* _What to produce_: Run through the records and, wherever a line holds the word "Traverse", return that line.

Stored dataset items
-- ===== src/Session/Traverse.antt =====
-- What every operation of a session has in common: it is made of requests, and of code that touches
-- neither the session nor the connection. A property of the session that requests and `close` keep
-- is kept by every operation, and the errors of an operation are those of its request or its own.
pub mod Fetching
pub mod Writing
pub mod Run
use Prim.Native.String.{String}
use exasol_gateway_sdk.Errors.{Error}
use exasol_gateway_sdk.Base.{
  ℕ, List, [], ◌∷◌, Option, Bool, true, false, ◌&&◌, not, leb, ◌==◌, length, ◌≡◌, refl, Result,
  if◌then◌else◌,
}
use exasol_gateway_sdk.Base.Outcome.{ok, err, fault}
use exasol_gateway_sdk.Base.Outcome
use exasol_gateway_sdk.Base.Judged.{IsJudged, is_wire, and_then-IsJudged}
use exasol_gateway_sdk.Base.State.{Action, and_then}
use exasol_gateway_sdk.Capabilities.{supports, native_table_read_batch_v1}
use exasol_gateway_sdk.Frame.{Frame}
use exasol_gateway_sdk.Frame.Message.{MessageType}
use exasol_gateway_sdk.Frame.Message
use exasol_gateway_sdk.Session.{Arrow, TableName, RowLocation, Cursor, TableOperation, FetchBatch}
use exasol_gateway_sdk.Session.Codec.{append_u64, append_u32, nonempty}
use exasol_gateway_sdk.Session.Request.{Connection, Impl, written, request, close_session}
use exasol_gateway_sdk.Session.Cursors
use exasol_gateway_sdk.Session.Writes
use exasol_gateway_sdk.Session.Schema.{decode_batch}
use exasol_gateway_sdk.Session.Payloads.{
  append_string32-IsJudged, append_locations-IsJudged, table_payload-IsJudged,
  native_payload-IsJudged, decode_batch-IsJudged, table_metadata-IsJudged, table_version-IsJudged,
  opened_cursor-IsJudged, opened_operation-IsJudged, affected_rows-IsJudged, fetched-IsJudged,
  decode_native_fetch_result-IsJudged, scan_payload-IsJudged, column_operation_payload-IsJudged,
}
use exasol_gateway_sdk.Session.Calls.{
  Call, describe_table, get_table_version, open_pushed_query, open_table_scan, fetch,
  fetch_positioned, fetch_ipc, fetch_positioned_ipc, fetch_native, fetch_positioned_native,
  close_cursor, open_table_insert, open_table_update, open_table_delete, insert_rows, update_rows,
  delete_rows, close_operation, set_autocommit, commit, rollback, close, unvalued, run,
}

-- The requests whose outcome can be unknown.
abbrev pub is_completion : {Schema : Type 0} → Call Schema → Bool
is_completion (close_operation operation) = true
is_completion commit = true
is_completion _ = false

module _ {C : Type 0} (P : Impl C → Type 0) (E : Bool → Error → Type 0) (F : Type 0) where
  abbrev pub Told {ℓ} : {A : Type ℓ} → Bool → Result A → Type 0
  Told u (ok a) = Unit {0}
  Told u (err e) = E u e
  Told u fault = F

  -- The session is left with `P`, and an error is told with `E`.
  abbrev pub Ends {ℓ} : {A : Type ℓ} → Bool → Result A × Impl C → Type 0
  Ends u r = P r.1 × Told u r.0

  pub record Contract (net : Connection C) : Type 0 where
    pub own : (u : Bool) (e : Error) → is_wire e.category ≡ true → E u e
    pub asked :
        (type : MessageType) (payload : List ℕ) (expected : MessageType) (u : Bool) (s : Impl C)
        → P s
        → Ends u (request net type payload expected u s)
    pub closing : (s : Impl C) → P s → Ends false (close_session net s)

  pub and_then-Ends {ℓ κ} :
      {A : Type ℓ} {B : Type κ} (u : Bool) (r : Result A × Impl C) (f : A → Action (Impl C) B)
      → Ends u r
      → ((a : A) (s : Impl C) → P s → Ends u (f a s))
      → Ends u (and_then r f)
  and_then-Ends u (ok a, s) f h k = k a s h.0
  and_then-Ends u (err e, s) f h k = h
  and_then-Ends u (fault, s) f h k = h

  pub unvalued-Ends {ℓ} :
      {A : Type ℓ} (u : Bool) (r : Result A × Impl C) → Ends u r → Ends u (unvalued r)
  unvalued-Ends u (ok a, s) h = h
  unvalued-Ends u (err e, s) h = h
  unvalued-Ends u (fault, s) h = h

  module _ (own : (u : Bool) (e : Error) → is_wire e.category ≡ true → E u e) where
    pub own-Ends {ℓ} :
        {A : Type ℓ} (u : Bool) (r : Result A) (s : Impl C) → IsJudged r → P s → Ends u (r, s)
    own-Ends u (ok a) s h p = (p, tt)
    own-Ends u (err e) s h p = (p, own u e h)
    own-Ends u fault s h p = absurd h

    pub tested-Ends {κ} :
        {B : Type κ} (u : Bool) (b : Bool) (t : String) (s : Impl C)
        (f : Unit {0} → Action (Impl C) B)
        → P s
        → Ends u (f tt s)
        → Ends u (and_then (Outcome.require b t, s) f)
    tested-Ends u true t s f p k = k
    tested-Ends u false t s f p k = (p, own u _ refl)

    pub written-Ends {κ} :
        {B : Type κ} (u : Bool) (w : Result (Unit {0}) × List ℕ) (s : Impl C)
        (f : List ℕ → Action (Impl C) B)
        → IsJudged w.0
        → P s
        → ((payload : List ℕ) → Ends u (f payload s))
        → Ends u (and_then (written w, s) f)
    written-Ends u (ok a, out) s f h p k = k out
    written-Ends u (err e, out) s f h p k = (p, own u e h)
    written-Ends u (fault, out) s f h p k = absurd h

  module _ {Schema RecordBatch : Type 0} (net : Connection C) (arrow : Arrow Schema RecordBatch)
      (c : Contract net) where
    -- A payload, a request, and what is made of the response.
    pub asking-Ends {κ} :
        {B : Type κ} (u : Bool) (w : Result (Unit {0}) × List ℕ) (s : Impl C)
        (type expected : MessageType) (f : Frame → Action (Impl C) B)
        → IsJudged w.0
        → P s
        → ((frame : Frame) (t : Impl C) → P t → Ends u (f frame t))
        → Ends u (
            and_then (written w, s) λ payload t. and_then (request net type payload expected u t) f)
    asking-Ends u w s type expected f h p k = written-Ends c.own u w s _ h p λ payload.
        and_then-Ends u (request net type payload expected u s) f
          (c.asked type payload expected u s p) k
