-- ===== src/Session/Traverse/Fetching.antt =====
-- The operations on tables and cursors keep what requests keep, and tell their errors.
use exasol_gateway_sdk.Errors.{Error}
use exasol_gateway_sdk.Base.{ℕ, List, [], Bool, false, not, leb, ◌==◌, length}
use exasol_gateway_sdk.Base.Judged.{IsJudged}
use exasol_gateway_sdk.Capabilities.{supports, native_table_read_batch_v1}
use exasol_gateway_sdk.Session.{Arrow, TableName, RowLocation, Cursor, FetchBatch}
use exasol_gateway_sdk.Session.Codec.{append_u64, append_u32}
use exasol_gateway_sdk.Session.Request.{Connection, Impl}
use exasol_gateway_sdk.Session.Cursors
use exasol_gateway_sdk.Session.Schema.{decode_batch}
use exasol_gateway_sdk.Session.Payloads.{
  append_string32-IsJudged, append_locations-IsJudged, table_payload-IsJudged,
  decode_batch-IsJudged, table_metadata-IsJudged, table_version-IsJudged, opened_cursor-IsJudged,
  fetched-IsJudged, decode_native_fetch_result-IsJudged, scan_payload-IsJudged,
}
use exasol_gateway_sdk.Session.Traverse.{
  Contract, Ends, and_then-Ends, own-Ends, tested-Ends, asking-Ends,
}

module _ {C : Type 0} (P : Impl C → Type 0) (E : Bool → Error → Type 0) (F : Type 0)
    {Schema RecordBatch : Type 0} (net : Connection C) (arrow : Arrow Schema RecordBatch)
    (c : Contract P E F net) where
  pub describe_table-Ends :
      (table : TableName) (s : Impl C)
      → P s
      → Ends P E F false (Cursors.describe_table net arrow table s)
  unfolding Cursors.describe_table
  describe_table-Ends table s p =
      asking-Ends P E F net arrow c false _ s _ _ _ (table_payload-IsJudged table []) p λ frame t q.
        own-Ends P E F c.own false _ t (table_metadata-IsJudged net arrow frame.payload 0) q

  pub get_table_version-Ends :
      (table : TableName) (s : Impl C)
      → P s
      → Ends P E F false (Cursors.get_table_version net arrow table s)
  unfolding Cursors.get_table_version
  get_table_version-Ends table s p =
      asking-Ends P E F net arrow c false _ s _ _ _ (table_payload-IsJudged table []) p λ frame t q.
        own-Ends P E F c.own false _ t (table_version-IsJudged net arrow frame.payload 0) q

  pub open_pushed_query-Ends :
      (sql : List ℕ) (s : Impl C)
      → P s
      → Ends P E F false (Cursors.open_pushed_query net arrow sql s)
  unfolding Cursors.open_pushed_query
  open_pushed_query-Ends sql s p =
      asking-Ends P E F net arrow c false _ s _ _ _ (append_string32-IsJudged sql []) p λ frame t q.
        own-Ends P E F c.own false _ t (opened_cursor-IsJudged net arrow frame.payload 0) q

  pub open_table_scan-Ends :
      (table : TableName) (columns : List (List ℕ)) (locations : Bool) (s : Impl C)
      → P s
      → Ends P E F false (Cursors.open_table_scan net arrow table columns locations s)
  unfolding Cursors.open_table_scan
  open_table_scan-Ends table columns locations s p =
      tested-Ends P E F c.own false (leb (length columns) 0xffff_ffff) _ s _ p (
        asking-Ends P E F net arrow c false _ s _ _ _
          (scan_payload-IsJudged net arrow table columns locations []) p
          λ frame t q.
            own-Ends P E F c.own false _ t (opened_cursor-IsJudged net arrow frame.payload 0) q)

  pub fetch_ipc-Ends :
      (cursor : Cursor Schema) (rows bytes : ℕ) (s : Impl C)
      → P s
      → Ends P E F false (Cursors.fetch_ipc net arrow cursor rows bytes s)
  unfolding Cursors.fetch_ipc append_u64 append_u32
  fetch_ipc-Ends cursor rows bytes s p =
      asking-Ends P E F net arrow c false (Cursors.fetch_payload net arrow cursor rows bytes []) s _
        _ _ tt p
        λ frame t q.
          own-Ends P E F c.own false _ t (fetched-IsJudged net arrow _ cursor frame.payload 0) q

  positioned_payload-IsJudged :
      (cursor : Cursor Schema) (locations : List RowLocation) (bytes : ℕ)
      → IsJudged (Cursors.positioned_payload net arrow cursor locations bytes []).0
  unfolding append_u64 append_u32
  positioned_payload-IsJudged cursor locations bytes = append_locations-IsJudged locations _

  pub fetch_positioned_ipc-Ends :
      (cursor : Cursor Schema) (locations : List RowLocation) (bytes : ℕ) (s : Impl C)
      → P s
      → Ends P E F false (Cursors.fetch_positioned_ipc net arrow cursor locations bytes s)
  unfolding Cursors.fetch_positioned_ipc
  fetch_positioned_ipc-Ends cursor locations bytes s p =
      tested-Ends P E F c.own false (Cursors.is_nonempty net arrow locations) _ s _ p (
        asking-Ends P E F net arrow c false _ s _ _ _
          (positioned_payload-IsJudged cursor locations bytes) p
          λ frame t q.
            own-Ends P E F c.own false _ t (fetched-IsJudged net arrow _ cursor frame.payload 0) q)

  pub decoded-Ends :
      (cursor : Cursor Schema) (result : FetchBatch RecordBatch) (s : Impl C)
      → P s
      → Ends P E F false (Cursors.decoded net arrow cursor result s)
  decoded-Ends cursor result s p =
      and_then-Ends P E F false (decode_batch arrow cursor.schema result.rows_ipc, s) _
        (own-Ends P E F c.own false _ s (decode_batch-IsJudged arrow cursor.schema result.rows_ipc)
          p)
        λ rows t q. (q, tt)

  pub fetch-Ends :
      (cursor : Cursor Schema) (rows bytes : ℕ) (s : Impl C)
      → P s
      → Ends P E F false (Cursors.fetch net arrow cursor rows bytes s)
  unfolding Cursors.fetch
  fetch-Ends cursor rows bytes s p =
      and_then-Ends P E F false (Cursors.fetch_ipc net arrow cursor rows bytes s) _
        (fetch_ipc-Ends cursor rows bytes s p) λ result t q. decoded-Ends cursor result t q

  pub fetch_positioned-Ends :
      (cursor : Cursor Schema) (locations : List RowLocation) (bytes : ℕ) (s : Impl C)
      → P s
      → Ends P E F false (Cursors.fetch_positioned net arrow cursor locations bytes s)
  unfolding Cursors.fetch_positioned
  fetch_positioned-Ends cursor locations bytes s p =
      and_then-Ends P E F false (Cursors.fetch_positioned_ipc net arrow cursor locations bytes s) _
        (fetch_positioned_ipc-Ends cursor locations bytes s p)
        λ result t q. decoded-Ends cursor result t q

  pub fetch_native-Ends :
      (cursor : Cursor Schema) (rows bytes : ℕ) (s : Impl C)
      → P s
      → Ends P E F false (Cursors.fetch_native net arrow cursor rows bytes s)
  unfolding Cursors.fetch_native append_u64 append_u32
  fetch_native-Ends cursor rows bytes s p =
      tested-Ends P E F c.own false (supports s.capabilities native_table_read_batch_v1) _ s _ p (
        asking-Ends P E F net arrow c false (Cursors.fetch_payload net arrow cursor rows bytes []) s
          _ _ _ tt p
          λ frame t q.
            own-Ends P E F c.own false _ t
              (decode_native_fetch_result-IsJudged net arrow frame.payload cursor 0) q)

  pub fetch_positioned_native-Ends :
      (cursor : Cursor Schema) (locations : List RowLocation) (bytes : ℕ) (s : Impl C)
      → P s
      → Ends P E F false (Cursors.fetch_positioned_native net arrow cursor locations bytes s)
  unfolding Cursors.fetch_positioned_native
  fetch_positioned_native-Ends cursor locations bytes s p =
      tested-Ends P E F c.own false (supports s.capabilities native_table_read_batch_v1) _ s _ p (
        tested-Ends P E F c.own false (Cursors.is_nonempty net arrow locations) _ s _ p (
          asking-Ends P E F net arrow c false _ s _ _ _
            (positioned_payload-IsJudged cursor locations bytes) p
            λ frame t q.
              own-Ends P E F c.own false _ t
                (decode_native_fetch_result-IsJudged net arrow frame.payload cursor 0) q))

  pub close_cursor-Ends :
      (cursor : Cursor Schema) (s : Impl C)
      → P s
      → Ends P E F false (Cursors.close_cursor net arrow cursor s)
  unfolding Cursors.close_cursor append_u64
  close_cursor-Ends cursor s p = tested-Ends P E F c.own false (not (cursor.id == 0)) _ s _ p (
      asking-Ends P E F net arrow c false (append_u64 cursor.id []) s _ _ _ tt p
        λ frame t q. (q, tt))
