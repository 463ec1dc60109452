-- ===== src/Session/Traverse/Writing.antt =====
-- Table operations keep what requests keep, and tell their errors.
use exasol_gateway_sdk.Errors.{Error}
use exasol_gateway_sdk.Base.{ℕ, List, [], Option, Bool, true, false, ◌&&◌, not, leb, ◌==◌, length}
use exasol_gateway_sdk.Base.Judged.{IsJudged, and_then-IsJudged}
use exasol_gateway_sdk.Frame.Message.{MessageType}
use exasol_gateway_sdk.Session.{Arrow, TableName, RowLocation, TableOperation}
use exasol_gateway_sdk.Session.Codec.{append_u64, append_u32, nonempty}
use exasol_gateway_sdk.Session.Request.{Connection, Impl}
use exasol_gateway_sdk.Session.Writes
use exasol_gateway_sdk.Session.Payloads.{
  append_string32-IsJudged, append_locations-IsJudged, native_payload-IsJudged,
  opened_operation-IsJudged, affected_rows-IsJudged, column_operation_payload-IsJudged,
}
use exasol_gateway_sdk.Session.Traverse.{Contract, Ends, own-Ends, tested-Ends, asking-Ends}

module _ {C : Type 0} (P : Impl C → Type 0) (E : Bool → Error → Type 0) (F : Type 0)
    {Schema RecordBatch : Type 0} (net : Connection C) (arrow : Arrow Schema RecordBatch)
    (c : Contract P E F net) where
  pub open_column_operation-Ends :
      (type : MessageType) (table : TableName) (columns : List (List ℕ)) (rows : ℕ)
      (schema : Option Schema) (s : Impl C)
      → P s
      → Ends P E F false (Writes.open_column_operation net arrow type table columns rows schema s)
  unfolding Writes.open_column_operation
  open_column_operation-Ends type table columns rows schema s p =
      tested-Ends P E F c.own false (leb (length columns) 0xffff_ffff) _ s _ p (
        asking-Ends P E F net arrow c false _ s _ _ _
          (column_operation_payload-IsJudged net arrow table columns rows schema []) p
          λ frame t q.
            own-Ends P E F c.own false _ t (opened_operation-IsJudged net arrow frame.payload 0) q)

  delete_payload-IsJudged :
      (table : TableName) (rows : ℕ) → IsJudged (Writes.delete_payload net arrow table rows []).0
  unfolding append_u32
  delete_payload-IsJudged table rows =
      and_then-IsJudged _ _ (append_string32-IsJudged table.schema [])
        λ _ a _. and_then-IsJudged _ _ (append_string32-IsJudged table.table a) λ _ b _. tt

  pub open_table_delete-Ends :
      (table : TableName) (rows : ℕ) (s : Impl C)
      → P s
      → Ends P E F false (Writes.open_table_delete net arrow table rows s)
  unfolding Writes.open_table_delete
  open_table_delete-Ends table rows s p =
      asking-Ends P E F net arrow c false _ s _ _ _ (delete_payload-IsJudged table rows) p
        λ frame t q.
          own-Ends P E F c.own false _ t (opened_operation-IsJudged net arrow frame.payload 0) q

  pub insert_rows-Ends :
      (operation : TableOperation Schema) (batch : List ℕ) (s : Impl C)
      → P s
      → Ends P E F false (Writes.insert_rows net arrow operation batch s)
  unfolding Writes.insert_rows
  insert_rows-Ends operation batch s p =
      asking-Ends P E F net arrow c false _ s _ _ _ (native_payload-IsJudged operation.id batch [])
        p
        λ frame t q.
          own-Ends P E F c.own false _ t (affected_rows-IsJudged net arrow frame.payload 0) q

  update_payload-IsJudged :
      (id : ℕ) (locations : List RowLocation) (batch : List ℕ)
      → IsJudged (Writes.update_payload net arrow id locations batch []).0
  unfolding append_u64 append_u32
  update_payload-IsJudged id locations batch =
      and_then-IsJudged _ _ (append_locations-IsJudged locations _) λ _ a _. tt

  pub update_rows-Ends :
      (operation : TableOperation Schema) (locations : List RowLocation) (batch : List ℕ)
      (s : Impl C)
      → P s
      → Ends P E F false (Writes.update_rows net arrow operation locations batch s)
  unfolding Writes.update_rows
  update_rows-Ends operation locations batch s p =
      tested-Ends P E F c.own false (Writes.is_nonempty net arrow locations) _ s _ p (
        tested-Ends P E F c.own false (nonempty batch && leb (length batch) 0xffff_ffff) _ s _ p (
          asking-Ends P E F net arrow c false _ s _ _ _
            (update_payload-IsJudged operation.id locations batch) p
            λ frame t q.
              own-Ends P E F c.own false _ t (affected_rows-IsJudged net arrow frame.payload 0) q))

  rows_payload-IsJudged :
      (id : ℕ) (locations : List RowLocation)
      → IsJudged (Writes.rows_payload net arrow id locations []).0
  unfolding append_u64
  rows_payload-IsJudged id locations = append_locations-IsJudged locations _

  pub delete_rows-Ends :
      (operation : TableOperation Schema) (locations : List RowLocation) (s : Impl C)
      → P s
      → Ends P E F false (Writes.delete_rows net arrow operation locations s)
  unfolding Writes.delete_rows
  delete_rows-Ends operation locations s p =
      tested-Ends P E F c.own false (Writes.is_nonempty net arrow locations) _ s _ p (
        asking-Ends P E F net arrow c false _ s _ _ _ (rows_payload-IsJudged operation.id locations)
          p
          λ frame t q.
            own-Ends P E F c.own false _ t (affected_rows-IsJudged net arrow frame.payload 0) q)

  pub close_operation-Ends :
      (operation : TableOperation Schema) (s : Impl C)
      → P s
      → Ends P E F true (Writes.close_operation net arrow operation s)
  unfolding Writes.close_operation append_u64
  close_operation-Ends operation s p =
      tested-Ends P E F c.own true (not (operation.id == 0)) _ s _ p (
        asking-Ends P E F net arrow c true (append_u64 operation.id []) s _ _ _ tt p
          λ frame t q. (q, tt))
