-- ===== src/Session/Traverse/Run.antt =====
-- Every call keeps what requests and `close` keep, and tells its errors.
use exasol_gateway_sdk.Errors.{Error}
use exasol_gateway_sdk.Base.{[], ◌∷◌, Bool, true, false, if◌then◌else◌}
use exasol_gateway_sdk.Frame.Message.{MessageType}
use exasol_gateway_sdk.Frame.Message
use exasol_gateway_sdk.Session.{Arrow}
use exasol_gateway_sdk.Session.Request.{Connection, Impl, request}
use exasol_gateway_sdk.Session.Writes
use exasol_gateway_sdk.Session.Calls.{
  Call, describe_table, get_table_version, open_pushed_query, open_table_scan, fetch,
  fetch_positioned, fetch_ipc, fetch_positioned_ipc, fetch_native, fetch_positioned_native,
  close_cursor, open_table_insert, open_table_update, open_table_delete, insert_rows, update_rows,
  delete_rows, close_operation, set_autocommit, commit, rollback, close, run,
}
use exasol_gateway_sdk.Session.Traverse.{
  Contract, Ends, is_completion, and_then-Ends, unvalued-Ends,
}
use exasol_gateway_sdk.Session.Traverse.Fetching.{
  describe_table-Ends, get_table_version-Ends, open_pushed_query-Ends, open_table_scan-Ends,
  fetch_ipc-Ends, fetch_positioned_ipc-Ends, fetch-Ends, fetch_positioned-Ends, fetch_native-Ends,
  fetch_positioned_native-Ends, close_cursor-Ends,
}
use exasol_gateway_sdk.Session.Traverse.Writing.{
  open_column_operation-Ends, open_table_delete-Ends, insert_rows-Ends, update_rows-Ends,
  delete_rows-Ends, close_operation-Ends,
}

module _ {C : Type 0} (P : Impl C → Type 0) (E : Bool → Error → Type 0) (F : Type 0)
    {Schema RecordBatch : Type 0} (net : Connection C) (arrow : Arrow Schema RecordBatch)
    (c : Contract P E F net) where
  -- Every operation keeps the property, and tells its errors.
  pub run-Ends :
      (call : Call Schema) (s : Impl C)
      → P s
      → Ends P E F (is_completion call) (run net arrow call s)
  unfolding run Writes.open_table_insert Writes.open_table_update Writes.set_autocommit
      Writes.commit Writes.rollback
  run-Ends (describe_table table) s p =
      unvalued-Ends P E F false _ (describe_table-Ends P E F net arrow c table s p)
  run-Ends (get_table_version table) s p =
      unvalued-Ends P E F false _ (get_table_version-Ends P E F net arrow c table s p)
  run-Ends (open_pushed_query sql) s p =
      unvalued-Ends P E F false _ (open_pushed_query-Ends P E F net arrow c sql s p)
  run-Ends (open_table_scan table columns locations) s p =
      unvalued-Ends P E F false _
        (open_table_scan-Ends P E F net arrow c table columns locations s p)
  run-Ends (fetch cursor rows bytes) s p =
      unvalued-Ends P E F false _ (fetch-Ends P E F net arrow c cursor rows bytes s p)
  run-Ends (fetch_positioned cursor locations bytes) s p =
      unvalued-Ends P E F false _
        (fetch_positioned-Ends P E F net arrow c cursor locations bytes s p)
  run-Ends (fetch_ipc cursor rows bytes) s p =
      unvalued-Ends P E F false _ (fetch_ipc-Ends P E F net arrow c cursor rows bytes s p)
  run-Ends (fetch_positioned_ipc cursor locations bytes) s p =
      unvalued-Ends P E F false _
        (fetch_positioned_ipc-Ends P E F net arrow c cursor locations bytes s p)
  run-Ends (fetch_native cursor rows bytes) s p =
      unvalued-Ends P E F false _ (fetch_native-Ends P E F net arrow c cursor rows bytes s p)
  run-Ends (fetch_positioned_native cursor locations bytes) s p =
      unvalued-Ends P E F false _
        (fetch_positioned_native-Ends P E F net arrow c cursor locations bytes s p)
  run-Ends (close_cursor cursor) s p =
      unvalued-Ends P E F false _ (close_cursor-Ends P E F net arrow c cursor s p)
  run-Ends (open_table_insert table columns rows schema) s p =
      unvalued-Ends P E F false _
        (open_column_operation-Ends P E F net arrow c _ table columns rows schema s p)
  run-Ends (open_table_update table columns rows schema) s p =
      unvalued-Ends P E F false _
        (open_column_operation-Ends P E F net arrow c _ table columns rows schema s p)
  run-Ends (open_table_delete table rows) s p =
      unvalued-Ends P E F false _ (open_table_delete-Ends P E F net arrow c table rows s p)
  run-Ends (insert_rows operation batch) s p =
      unvalued-Ends P E F false _ (insert_rows-Ends P E F net arrow c operation batch s p)
  run-Ends (update_rows operation locations batch) s p =
      unvalued-Ends P E F false _ (update_rows-Ends P E F net arrow c operation locations batch s p)
  run-Ends (delete_rows operation locations) s p =
      unvalued-Ends P E F false _ (delete_rows-Ends P E F net arrow c operation locations s p)
  run-Ends (close_operation operation) s p =
      unvalued-Ends P E F true _ (close_operation-Ends P E F net arrow c operation s p)
  run-Ends (set_autocommit enabled) s p =
      and_then-Ends P E F false
        (request net Message.set_autocommit ((if enabled then 1 else 0) ∷ []) Message.ok false s) _
        (c.asked _ _ _ false s p) λ frame t q. (q, tt)
  run-Ends commit s p =
      and_then-Ends P E F true (request net Message.commit [] Message.ok true s) _
        (c.asked _ _ _ true s p) λ frame t q. (q, tt)
  run-Ends rollback s p =
      and_then-Ends P E F false (request net Message.rollback [] Message.ok false s) _
        (c.asked _ _ _ false s p) λ frame t q. (q, tt)
  run-Ends close s p = c.closing s p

* _Task solution_:
-- ===== src/Session/Traverse.antt =====
-- ===== src/Session/Traverse/Fetching.antt =====
use exasol_gateway_sdk.Session.Traverse.{
-- ===== src/Session/Traverse/Writing.antt =====
use exasol_gateway_sdk.Session.Traverse.{Contract, Ends, own-Ends, tested-Ends, asking-Ends}
-- ===== src/Session/Traverse/Run.antt =====
use exasol_gateway_sdk.Session.Traverse.{
use exasol_gateway_sdk.Session.Traverse.Fetching.{
use exasol_gateway_sdk.Session.Traverse.Writing.{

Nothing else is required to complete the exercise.